I am trying to find a way to implement the isalnum() function to remove special characters from the output of my script.
url = "https://www.amazon.com/gp/bestsellers/electronics/ref=zg-bs_electronics_dw_sml"
webpage = requests.get(url, headers=headers)
soup = BeautifulSoup(webpage.content, 'html.parser')
items = soup.find_all(id="gridItemRoot")
csv_headers = ['Index', 'Title', 'Rating', 'Review Count', 'Price']
with open('amazon_tech.csv', 'w', encoding='utf-8', newline='') as f:
writer = csv.writer(f)
writer.writerow(csv_headers)
for item in items:
removechar = ['â', '€', '“']
index = item.find('span', class_='zg-bdg-text').text[1:]
children = item.find('div', class_='zg-grid-general-faceout').div
title = children.contents[1].text
rating = children.contents[2].text[:4]
reviewcount = children.contents[2].text[19:]
price = children.contents[-1].text
with open('amazon_tech.csv', 'a', encoding='utf-8', newline='') as f:
writer = csv.writer(f)
writer.writerow([index, title, rating, reviewcount, price])
I want to remove the special characters in the "removechar" list from the title, rating, reviewcount, and price strings, before its written to the csv file.
How can I achieve this?
I tried adding to the bottom code like this, but I got stuck.
for item in items:
removechar = ['â', '€', '“']
#added this <------------
for i in remove:
#added this <-------------
if item.isalnum():
index = item.find('span', class_='zg-bdg-text').text[1:]

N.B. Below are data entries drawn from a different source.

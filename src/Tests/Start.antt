-- ===== src/Tests/Start.antt =====
-- Runs of the parsers of the command line, of the exit code and of the thread numbers.
use wasmtime_mysql.Prelude.{◌≡◌, refl, true, false, [], ◌∷◌, pos, some, get_elem?, arith, ◌+◌}
use wasmtime_mysql.Guest.{Bytes}
use wasmtime_mysql.Runtime.{spawn_all, spawn_wasi_thread}
use wasmtime_mysql.Runtime.Threads.{answer_for, spawn_all_lem}

-- "A=B="
abbrev text : Bytes
text = 65 ∷ 61 ∷ 66 ∷ 61 ∷ []

abbrev first : Bytes
first = 65 ∷ []

abbrev rest : Bytes
rest = 66 ∷ 61 ∷ []

second : get_elem? (spawn_all (false ∷ true ∷ []) (pos 1)) 1 ≡ some (pos 2)
unfolding spawn_all spawn_wasi_thread
second = refl

spawn_all_lem_example :
    get_elem? (spawn_all (false ∷ true ∷ []) (pos 1)) 1 ≡ some (answer_for true (1 + 1))
spawn_all_lem_example = spawn_all_lem (false ∷ true ∷ []) 1 true (omega arith) refl
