-- ===== src/Tests/Threads.antt =====
-- Two threads that share the sockets: the first one makes a socket, which the second one closes.
use wasmtime_mysql.Prelude.{
  ◌≡◌, ◌≢◌, refl, ℕ, inl, inr, ◌==◌, Bool-cases, arith, true, false, [], some, ℤ, pos, negsuc,
  lookup, insert, remove,
}
use wasmtime_mysql.Guest.{memory}
use wasmtime_mysql.Sockets.{
  HostSocket, new, insert_socket, remove_socket, normalize_socket_type, normalize_socket_domain,
}
use wasmtime_mysql.Sockets.History.{Call, socket, close}
use wasmtime_mysql.Sockets.Threads.{returns, advance}
use wasmtime_mysql.Sockets.Threads.Imports.{program}
use wasmtime_mysql.Sockets.Threads.System.{
  System, IsStart, Reach, start, later, begins, goes, after,
}
use wasmtime_mysql.Sockets.Threads.Closing.{closes_once, entries_open, open_entered, Ends}
use wasmtime_mysql.Tests.Machine.{linux}
use wasmtime_mysql.Tests.Crowd.{Sockets, is_live, crowd, crowd_law}

abbrev Threads : Type 0
Threads = System Sockets

abbrev idle : Threads
idle = record {
  threads = λ i. returns (pos 0);
  memory = memory [];
  table = new;
  world = (0, λ k. false);
}

abbrev begun : Threads → ℕ → Call → Threads
begun s i k =
    after linux crowd_law true s i (program linux crowd true k, (s.memory, (s.table, s.world)))

abbrev gone : Threads → ℕ → Threads
gone s i =
    after linux crowd_law true s i
      (advance linux crowd (s.threads i) (s.memory, (s.table, s.world)))

abbrev entered : Threads
entered = gone (gone (begun idle 0 (socket (pos 1) (pos 6) (pos 0))) 0) 0

abbrev closing : Threads
closing = gone (begun entered 1 (close (pos 10000))) 1

idle-none_open : (raw : ℤ) → is_live idle.world raw ≡ false
idle-none_open (pos k) = ground arith
idle-none_open (negsuc k) = refl

idle-IsStart : IsStart linux crowd_law true idle
idle-IsStart = record { idle = λ i. (pos 0, refl); empty = refl; none_open = idle-none_open }

entered-Reach : Reach linux crowd_law true entered
unfolding program advance normalize_socket_type
entered-Reach =
    later
      (later (later (start idle-IsStart) (begins 0 (pos 0) (socket (pos 1) (pos 6) (pos 0)) refl))
        (goes 0))
      (goes 0)

closing-Reach : Reach linux crowd_law true closing
closing-Reach = later (later entered-Reach (begins 1 (pos 0) (close (pos 10000)) refl)) (goes 1)

closes_once_example :
    (is_live closing.world (pos 0) ≡ true)
    × ((fd : ℤ) (s : HostSocket) → lookup fd closing.table.sockets ≡ some s → s.raw_fd ≢ pos 0)
    × ((j : ℕ) → Ends (pos 0) (closing.threads j) → 1 ≡ j)
unfolding program advance remove_socket lookup remove normalize_socket_type insert_socket insert new
closes_once_example = closes_once linux crowd_law true {s = closing} 1 (pos 0) closing-Reach refl

abbrev made_first : HostSocket
made_first = record { raw_fd = pos 0; guest_domain = pos 1; host_domain = pos 2 }

entries_open_example :
    (is_live entered.world (pos 0) ≡ true) × (pos 0 ≡ pos 0 → pos 10000 ≡ pos 10000)
unfolding program advance remove_socket lookup remove normalize_socket_type insert_socket insert new
    normalize_socket_domain
entries_open_example =
    entries_open linux crowd_law true {s = entered} (pos 10000) (pos 10000) made_first made_first
      entered-Reach refl refl

entered_idle : (i : ℕ) → (answer : ℤ) × (entered.threads i ≡ returns answer)
unfolding program advance normalize_socket_type insert_socket new
entered_idle i = elim (Bool-cases (0 == i)) [
  | inl b ↦ rw (b) (pos 10000, refl)
  | inr b ↦ rw (b) (pos 0, refl)
]

open_entered_example :
    (fd : ℤ) × (s : HostSocket) × (lookup fd entered.table.sockets ≡ some s) × (s.raw_fd ≡ pos 0)
unfolding program advance normalize_socket_type insert_socket new
open_entered_example =
    open_entered linux crowd_law true {s = entered} (pos 0) entered-Reach (omega arith) entered_idle
      refl
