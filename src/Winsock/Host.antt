-- ===== src/Winsock/Host.antt =====
-- What the socket calls use of WinSock on Windows: its functions, each with its return value, and the
-- constants that the source names. `last_error` is `WSAGetLastError`.
use wasmtime_mysql.Prelude.{ℕ, ◌≡◌, List, length, ℤ}
use wasmtime_mysql.Guest.{Bytes}

-- `WSAPOLLFD`; the two sets of events are given by their 16 bits.
pub record WsaPollFd : Type 0 where
  pub fd : ℕ
  pub events : ℕ
  pub revents : ℕ

-- What a call that fills a buffer leaves: the buffer, and the `i32` that it reports as its length.
pub record Filled : Type 0 where
  pub buffer : Bytes
  pub reported : ℤ

-- The error codes that `socket_errno` names.
pub record WsaErrno : Type 0 where
  pub wsaeintr : ℤ
  pub wsaebadf : ℤ
  pub wsaeacces : ℤ
  pub wsaefault : ℤ
  pub wsaeinval : ℤ
  pub wsaemfile : ℤ
  pub wsaewouldblock : ℤ
  pub wsaeinprogress : ℤ
  pub wsaealready : ℤ
  pub wsaenotsock : ℤ
  pub wsaedestaddrreq : ℤ
  pub wsaemsgsize : ℤ
  pub wsaeprototype : ℤ
  pub wsaenoprotoopt : ℤ
  pub wsaeprotonosupport : ℤ
  pub wsaesocktnosupport : ℤ
  pub wsaeopnotsupp : ℤ
  pub wsaepfnosupport : ℤ
  pub wsaeafnosupport : ℤ
  pub wsaeaddrinuse : ℤ
  pub wsaeaddrnotavail : ℤ
  pub wsaenetdown : ℤ
  pub wsaenetunreach : ℤ
  pub wsaenetreset : ℤ
  pub wsaeconnaborted : ℤ
  pub wsaeconnreset : ℤ
  pub wsaenobufs : ℤ
  pub wsaeisconn : ℤ
  pub wsaenotconn : ℤ
  pub wsaeshutdown : ℤ
  pub wsaetimedout : ℤ
  pub wsaeconnrefused : ℤ
  pub wsaehostdown : ℤ
  pub wsaehostunreach : ℤ

pub record WinSock : Type 1 where
  pub World : Type 0
  -- `WSAStartup(0x0202, ..)`
  pub startup : World → ℤ × World
  pub socket : ℤ → ℤ → ℤ → World → ℕ × World
  pub closesocket : ℕ → World → ℤ × World
  -- `ioctlsocket(socket, FIONBIO, enabled)`
  pub set_nonblocking : ℕ → ℕ → World → ℤ × World
  pub bind : ℕ → Bytes → World → ℤ × World
  pub connect : ℕ → Bytes → World → ℤ × World
  pub listen : ℕ → ℤ → World → ℤ × World
  pub shutdown : ℕ → ℤ → World → ℤ × World
  -- These take the length of a zeroed buffer.
  pub accept : ℕ → ℕ → World → (ℕ × Filled) × World
  pub getsockname : ℕ → ℕ → World → (ℤ × Filled) × World
  pub getpeername : ℕ → ℕ → World → (ℤ × Filled) × World
  pub getsockopt : ℕ → ℤ → ℤ → ℕ → World → (ℤ × Filled) × World
  pub setsockopt : ℕ → ℤ → ℤ → Bytes → World → ℤ × World
  pub send : ℕ → Bytes → ℤ → World → ℤ × World
  pub sendto : ℕ → Bytes → ℤ → Bytes → World → ℤ × World
  -- The buffer of the data, and for `recvfrom` that of the address.
  pub recv : ℕ → ℕ → ℤ → World → (ℤ × Bytes) × World
  pub recvfrom : ℕ → ℕ → ℤ → ℕ → World → (ℤ × Bytes × Filled) × World
  pub poll : List WsaPollFd → ℤ → World → (ℤ × List WsaPollFd) × World
  pub last_error : World → ℤ
  pub invalid_socket : ℕ
  pub socket_error : ℤ
  pub af_inet : ℤ
  pub af_inet6 : ℤ
  pub sock_stream : ℤ
  pub sock_dgram : ℤ
  pub sol_socket : ℤ
  pub so_reuseaddr : ℤ
  pub so_error : ℤ
  pub so_keepalive : ℤ
  pub so_rcvtimeo : ℤ
  pub so_sndtimeo : ℤ
  pub ip_tos : ℤ
  pub ipv6_v6only : ℤ
  pub pollin : ℕ
  pub pollpri : ℕ
  pub pollout : ℕ
  pub pollerr : ℕ
  pub pollhup : ℕ
  pub pollnval : ℕ

-- `WSAPoll` fills in the entries that it is given.
pub record PollsInPlace (ws : WinSock) : Type 0 where
  pub same_count :
      (fds : List WsaPollFd) (timeout : ℤ) (w : ws.World)
      → length ((ws.poll fds timeout w).0).1 ≡ length fds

children = item.find('div', class_='zg-grid-general-faceout').div
title = children.contents[1].text
rating = children.contents[2].text[:4]
reviewcount = children.contents[2].text[19:]
price = children.contents[-1].text
with open('amazon_tech.csv', 'a', encoding='utf-8', newline='') as f:
writer = csv.writer(f)
writer.writerow([index, title, rating, reviewcount, price])
I am completely lost on how to finish it.